#### To do
Search the entries below for the word "another" and copy each line that has it.

#### Data excerpts
------------------------------------------------

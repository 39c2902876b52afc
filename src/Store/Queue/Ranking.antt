-- ===== src/Store/Queue/Ranking.antt =====
-- The order in which due searches are leased (internal/store/repository.go,
-- `LeaseDueSearchesExcept`).
use Prim.Native.Nat.{Ordering, compare}
use Prim.Native.String.{then as or_then, compare as compare_text}
use subsyncd.Common.{
  Bool, ℕ, List, ◌≡◌, ltb, length, not, ◌∷◌, ◌&&◌, true, if◌then◌else◌, keep, ◌||◌, [], take, arith,
  Bool-cases, ◌∙◌, false, drop, refl, suc, inl, sym, ◌==◌, ◌+◌, zero, inr, min, length-take, ap,
  and_right, and_true, and_left, negated,
}
use subsyncd.Store.Queue.Rows.{SearchRow, Media, count_where}
use subsyncd.Store.Queue.Resume.{Repository}
use subsyncd.Store.Queue.Shape.{all_rows}
use subsyncd.Common.Time.{Instant}
use subsyncd.Store.Queue.Due.{
  due_searches, queue_compare, sort_rows, insert_row, PausedRoute, is_due,
}
use subsyncd.Common.Text.{String, str_eq}
use subsyncd.Store.Queue.Order.{is_lt, is_gt, not_after_trans, queue_compare-IsOrder, flip}

-- A text stands before another, byte by byte.
abbrev pub text_before : String → String → Bool
text_before s t = is_lt (compare_text s t)

-- The order of the media, and of the languages of one.
abbrev pub media_before : SearchRow → SearchRow → Bool
media_before r s =
    text_before r.sort_title s.sort_title
    || str_eq r.sort_title s.sort_title
      && (ltb r.sort_series s.sort_series
          || r.sort_series == s.sort_series
            && (ltb r.sort_season s.sort_season
                || r.sort_season == s.sort_season
                  && (ltb r.sort_episode s.sort_episode
                      || r.sort_episode == s.sort_episode
                        && (ltb r.media_id s.media_id
                            || r.media_id == s.media_id && text_before r.language s.language))))

-- The first is to run before the second: by priority and by the rank of its instance, the higher
-- first; then by its place in the queue and by the time of its attempt, the earlier first; and then
-- by title, series, season, episode, media and language.
abbrev pub outranks : SearchRow → SearchRow → Bool
outranks r s =
    ltb s.priority r.priority
    || s.priority == r.priority
      && (ltb s.instance_rank r.instance_rank
          || s.instance_rank == r.instance_rank
            && (ltb r.queue_order s.queue_order
                || r.queue_order == s.queue_order
                  && (ltb r.next_attempt_at s.next_attempt_at
                      || r.next_attempt_at == s.next_attempt_at && media_before r s)))

abbrev pub no_better : SearchRow → SearchRow → Bool
no_better r s = not (outranks s r)

number_key :
    (m n : ℕ) (o : Ordering) (rest : Bool)
    → rest ≡ is_lt o
    → (ltb m n || m == n && rest) ≡ is_lt (or_then (compare m n) o)
number_key m n o rest h = ground arith

text_key :
    (s t : String) (o : Ordering) (rest : Bool)
    → rest ≡ is_lt o
    → (text_before s t || str_eq s t && rest) ≡ is_lt (or_then (compare_text s t) o)
text_key s t o rest h = ground arith

abbrev media_order : SearchRow → SearchRow → Ordering
media_order r s = or_then (compare_text r.sort_title s.sort_title) (
    or_then (compare r.sort_series s.sort_series) (
      or_then (compare r.sort_season s.sort_season) (
        or_then (compare r.sort_episode s.sort_episode)
          (or_then (compare r.media_id s.media_id) (compare_text r.language s.language)))))

media_key : (r s : SearchRow) → media_before r s ≡ is_lt (media_order r s)
media_key r s = text_key r.sort_title s.sort_title _ _ (
    number_key r.sort_series s.sort_series _ _ (
      number_key r.sort_season s.sort_season _ _ (
        number_key r.sort_episode s.sort_episode _ _
          (number_key r.media_id s.media_id (compare_text r.language s.language) _ refl))))

outranks_lem : (r s : SearchRow) → outranks r s ≡ is_lt (queue_compare r s)
unfolding queue_compare
outranks_lem r s = number_key s.priority r.priority _ _ (
    number_key s.instance_rank r.instance_rank _ _ (
      number_key r.queue_order s.queue_order _ _
        (number_key r.next_attempt_at s.next_attempt_at _ _ (media_key r s))))

flipped_gt : (o : Ordering) → is_gt o ≡ true → is_lt o ≡ false
flipped_gt o h = ground arith

flipped_lt : (o : Ordering) → is_lt (flip o) ≡ is_gt o
flipped_lt o = ground arith

-- A row is no better than another where it does not come before that one.
no_better_lem : (r s : SearchRow) → no_better r s ≡ not (is_gt (queue_compare r s))
no_better_lem r s =
    ap not (
      outranks_lem s r ∙ ap is_lt (queue_compare-IsOrder.swap r s) ∙ flipped_lt (queue_compare r s))

compare-gt : (r s : SearchRow) → is_gt (queue_compare r s) ≡ true → no_better s r ≡ true
compare-gt r s h = ap not (outranks_lem r s ∙ flipped_gt (queue_compare r s) h)

compare-le : (r s : SearchRow) → is_gt (queue_compare r s) ≡ false → no_better r s ≡ true
compare-le r s h = no_better_lem r s ∙ ap not h

no_better_trans :
    (r s t : SearchRow) → no_better r s ≡ true → no_better s t ≡ true → no_better r t ≡ true
no_better_trans r s t h k =
    let le = λ (x y : SearchRow) (p : no_better x y ≡ true).
      negated (is_gt (queue_compare x y)) (sym (no_better_lem x y) ∙ p) in
    compare-le r t (
      not_after_trans (queue_compare r s) (queue_compare s t) (queue_compare r t)
        (queue_compare-IsOrder.chain r s t) (le r s h) (le s t k))

-- Sorted: no row is better than one before it.
abbrev pub sorted : List SearchRow → Bool
sorted [] = true
sorted (r ∷ rows) = let rest = sorted rows in all_rows (no_better r) rows && rest

all_rows-no_better :
    (r s : SearchRow) (rows : List SearchRow)
    → no_better r s ≡ true
    → all_rows (no_better s) rows ≡ true
    → all_rows (no_better r) rows ≡ true
all_rows-no_better r s [] h k = refl
all_rows-no_better r s (t ∷ rows) h k =
    let here : no_better r t ≡ true =
      no_better_trans r s t h (and_left (no_better s t) (all_rows (no_better s) rows) k) in
    and_true (no_better r t) (all_rows (no_better r) rows) here
      (all_rows-no_better r s rows h (and_right (no_better s t) (all_rows (no_better s) rows) k))

ordering_cases :
    (o : Ordering) (xs ys : List SearchRow)
    → (elim o [ Ordering.gt ↦ xs | _ ↦ ys ]) ≡ (if is_gt o then xs else ys)
ordering_cases Ordering.lt xs ys = refl
ordering_cases Ordering.eq xs ys = refl
ordering_cases Ordering.gt xs ys = refl

pub insert_row-if :
    (r s : SearchRow) (rows : List SearchRow)
    → insert_row r (s ∷ rows)
      ≡ (if is_gt (queue_compare r s) then s ∷ insert_row r rows else r ∷ s ∷ rows)
unfolding insert_row
insert_row-if r s rows = ordering_cases (queue_compare r s) (s ∷ insert_row r rows) (r ∷ s ∷ rows)

swap_and : (a b c : Bool) → (b && (a && c)) ≡ (a && (b && c))
swap_and a b c = ground arith

pub all_rows-insert_row :
    (g : SearchRow → Bool) (r : SearchRow) (rows : List SearchRow)
    → all_rows g (insert_row r rows) ≡ (g r && all_rows g rows)
unfolding insert_row
all_rows-insert_row g r [] = refl
all_rows-insert_row g r (s ∷ rows) = elim (Bool-cases (is_gt (queue_compare r s))) [
  | inl y ↦
      rw (insert_row-if r s rows, y, all_rows-insert_row g r rows)
        (swap_and (g r) (g s) (all_rows g rows))
  | inr n ↦ rw (insert_row-if r s rows, n) refl
]

pub count_where-insert_row :
    (p : SearchRow → Bool) (r : SearchRow) (rows : List SearchRow)
    → count_where p (insert_row r rows) ≡ count_where p (r ∷ rows)
unfolding insert_row
count_where-insert_row p r [] = refl
count_where-insert_row p r (s ∷ rows) = elim (Bool-cases (is_gt (queue_compare r s))) [
  | inl y ↦ rw (insert_row-if r s rows, y, count_where-insert_row p r rows) (omega arith)
  | inr n ↦ rw (insert_row-if r s rows, n) refl
]

insert_row-sorted :
    (r : SearchRow) (rows : List SearchRow) → sorted rows ≡ true → sorted (insert_row r rows) ≡ true
unfolding insert_row
insert_row-sorted r [] h = refl
insert_row-sorted r (s ∷ rows) h =
    let first = and_left (all_rows (no_better s) rows) (sorted rows) h in
    let rest = and_right (all_rows (no_better s) rows) (sorted rows) h in
    elim (Bool-cases (is_gt (queue_compare r s))) [
      | inl y ↦
          rw
            (
              insert_row-if r s rows,
              y,
              all_rows-insert_row (no_better s) r rows,
              compare-gt r s y,
              first,
              insert_row-sorted r rows rest,
            )
            refl
      | inr n ↦
          rw (insert_row-if r s rows, n)
            (and_true (all_rows (no_better r) (s ∷ rows)) (sorted (s ∷ rows))
              (and_true (no_better r s) (all_rows (no_better r) rows) (compare-le r s n)
                (all_rows-no_better r s rows (compare-le r s n) first))
              h)
    ]

sort_rows-sorted : (rows : List SearchRow) → sorted (sort_rows rows) ≡ true
unfolding sort_rows
sort_rows-sorted [] = refl
sort_rows-sorted (r ∷ rows) = insert_row-sorted r (sort_rows rows) (sort_rows-sorted rows)

pub count_where-sort_rows :
    (p : SearchRow → Bool) (rows : List SearchRow)
    → count_where p (sort_rows rows) ≡ count_where p rows
unfolding sort_rows
count_where-sort_rows p [] = refl
count_where-sort_rows p (r ∷ rows) =
    rw (count_where-insert_row p r (sort_rows rows), count_where-sort_rows p rows) refl

count_where-keep :
    (p q : SearchRow → Bool) (rows : List SearchRow)
    → count_where p (keep q rows) ≡ count_where (λ r. q r && p r) rows
count_where-keep p q [] = refl
count_where-keep p q (r ∷ rows) = ground (arith, count_where-keep p q rows)

count_where-split :
    (p : SearchRow → Bool) (n : ℕ) (rows : List SearchRow)
    → count_where p (take n rows) + count_where p (drop n rows) ≡ count_where p rows
count_where-split p zero rows = omega arith
count_where-split p (suc n) [] = refl
count_where-split p (suc n) (r ∷ rows) = omega (arith, count_where-split p n rows)

pub all_rows-drop :
    (g : SearchRow → Bool) (n : ℕ) (rows : List SearchRow)
    → all_rows g rows ≡ true
    → all_rows g (drop n rows) ≡ true
all_rows-drop g zero rows h = h
all_rows-drop g (suc n) [] h = h
all_rows-drop g (suc n) (r ∷ rows) h = all_rows-drop g n rows (and_right (g r) (all_rows g rows) h)

take-no_better :
    (n : ℕ) (rows : List SearchRow)
    → sorted rows ≡ true
    → all_rows (λ t. all_rows (no_better t) (drop n rows)) (take n rows) ≡ true
take-no_better zero rows h = refl
take-no_better (suc n) [] h = refl
take-no_better (suc n) (r ∷ rows) h =
    and_true (all_rows (no_better r) (drop n rows)) _
      (all_rows-drop (no_better r) n rows (and_left (all_rows (no_better r) rows) (sorted rows) h))
      (take-no_better n rows (and_right (all_rows (no_better r) rows) (sorted rows) h))

pub all_rows-take :
    (g : SearchRow → Bool) (n : ℕ) (rows : List SearchRow)
    → all_rows g rows ≡ true
    → all_rows g (take n rows) ≡ true
all_rows-take g zero rows h = refl
all_rows-take g (suc n) [] h = h
all_rows-take g (suc n) (r ∷ rows) h =
    and_true (g r) (all_rows g (take n rows)) (and_left (g r) (all_rows g rows) h)
      (all_rows-take g n rows (and_right (g r) (all_rows g rows) h))

take-sorted : (n : ℕ) (rows : List SearchRow) → sorted rows ≡ true → sorted (take n rows) ≡ true
take-sorted zero rows h = refl
take-sorted (suc n) [] h = refl
take-sorted (suc n) (r ∷ rows) h =
    and_true (all_rows (no_better r) (take n rows)) (sorted (take n rows))
      (all_rows-take (no_better r) n rows (and_left (all_rows (no_better r) rows) (sorted rows) h))
      (take-sorted n rows (and_right (all_rows (no_better r) rows) (sorted rows) h))

length-count_where : (rows : List SearchRow) → length rows ≡ count_where (λ _. true) rows
length-count_where [] = refl
length-count_where (r ∷ rows) = omega (arith, length-count_where rows)

length-sort_rows : (rows : List SearchRow) → length (sort_rows rows) ≡ length rows
length-sort_rows rows =
    length-count_where (sort_rows rows)
    ∙ count_where-sort_rows (λ _. true) rows
    ∙ sym (length-count_where rows)

length-keep :
    (q : SearchRow → Bool) (rows : List SearchRow) → length (keep q rows) ≡ count_where q rows
length-keep q [] = refl
length-keep q (r ∷ rows) = ground (arith, length-keep q rows)

-- The due searches that the limit leaves out.
abbrev pub left_out :
    Repository → Media → Instant → ℕ → List PausedRoute → List SearchRow → List SearchRow
left_out repo media now limit paused rows =
    drop limit (sort_rows (keep (is_due repo media now paused) rows))

-- The due searches are selected and left out once each, and no other search is; those selected are
-- as many as the limit allows and stand in the order of the queue, by priority, rank of the
-- instance, place in the queue, time of the attempt, title, series, season, episode, media and
-- language; and no search that is left out comes before one that is selected.
pub due_searches-ranked :
    (repo : Repository) (media : Media) (now : Instant) (limit : ℕ) (paused : List PausedRoute)
    (rows : List SearchRow) (p : SearchRow → Bool)
    → (count_where p (due_searches repo media now limit paused rows)
          + count_where p (left_out repo media now limit paused rows)
        ≡ count_where (λ r. is_due repo media now paused r && p r) rows)
      × (sorted (due_searches repo media now limit paused rows) ≡ true)
      × (all_rows
            (λ t. all_rows (no_better t) (left_out repo media now limit paused rows))
            (due_searches repo media now limit paused rows)
          ≡ true)
      × (length (due_searches repo media now limit paused rows)
          ≡ min limit (count_where (is_due repo media now paused) rows))
unfolding due_searches
due_searches-ranked repo media now limit paused rows p =
    let all = sort_rows (keep (is_due repo media now paused) rows) in
    let order = sort_rows-sorted (keep (is_due repo media now paused) rows) in
    (
      count_where-split p limit all
          ∙ count_where-sort_rows p (keep (is_due repo media now paused) rows)
          ∙ count_where-keep p (is_due repo media now paused) rows,
      take-sorted limit all order,
      take-no_better limit all order,
      length-take limit all
          ∙ ap (min limit) (
              length-sort_rows (keep (is_due repo media now paused) rows)
              ∙ length-keep (is_due repo media now paused) rows),
    )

------------------------------------------------

#### Response
-- A text stands before another, byte by byte.
-- A row is no better than another where it does not come before that one.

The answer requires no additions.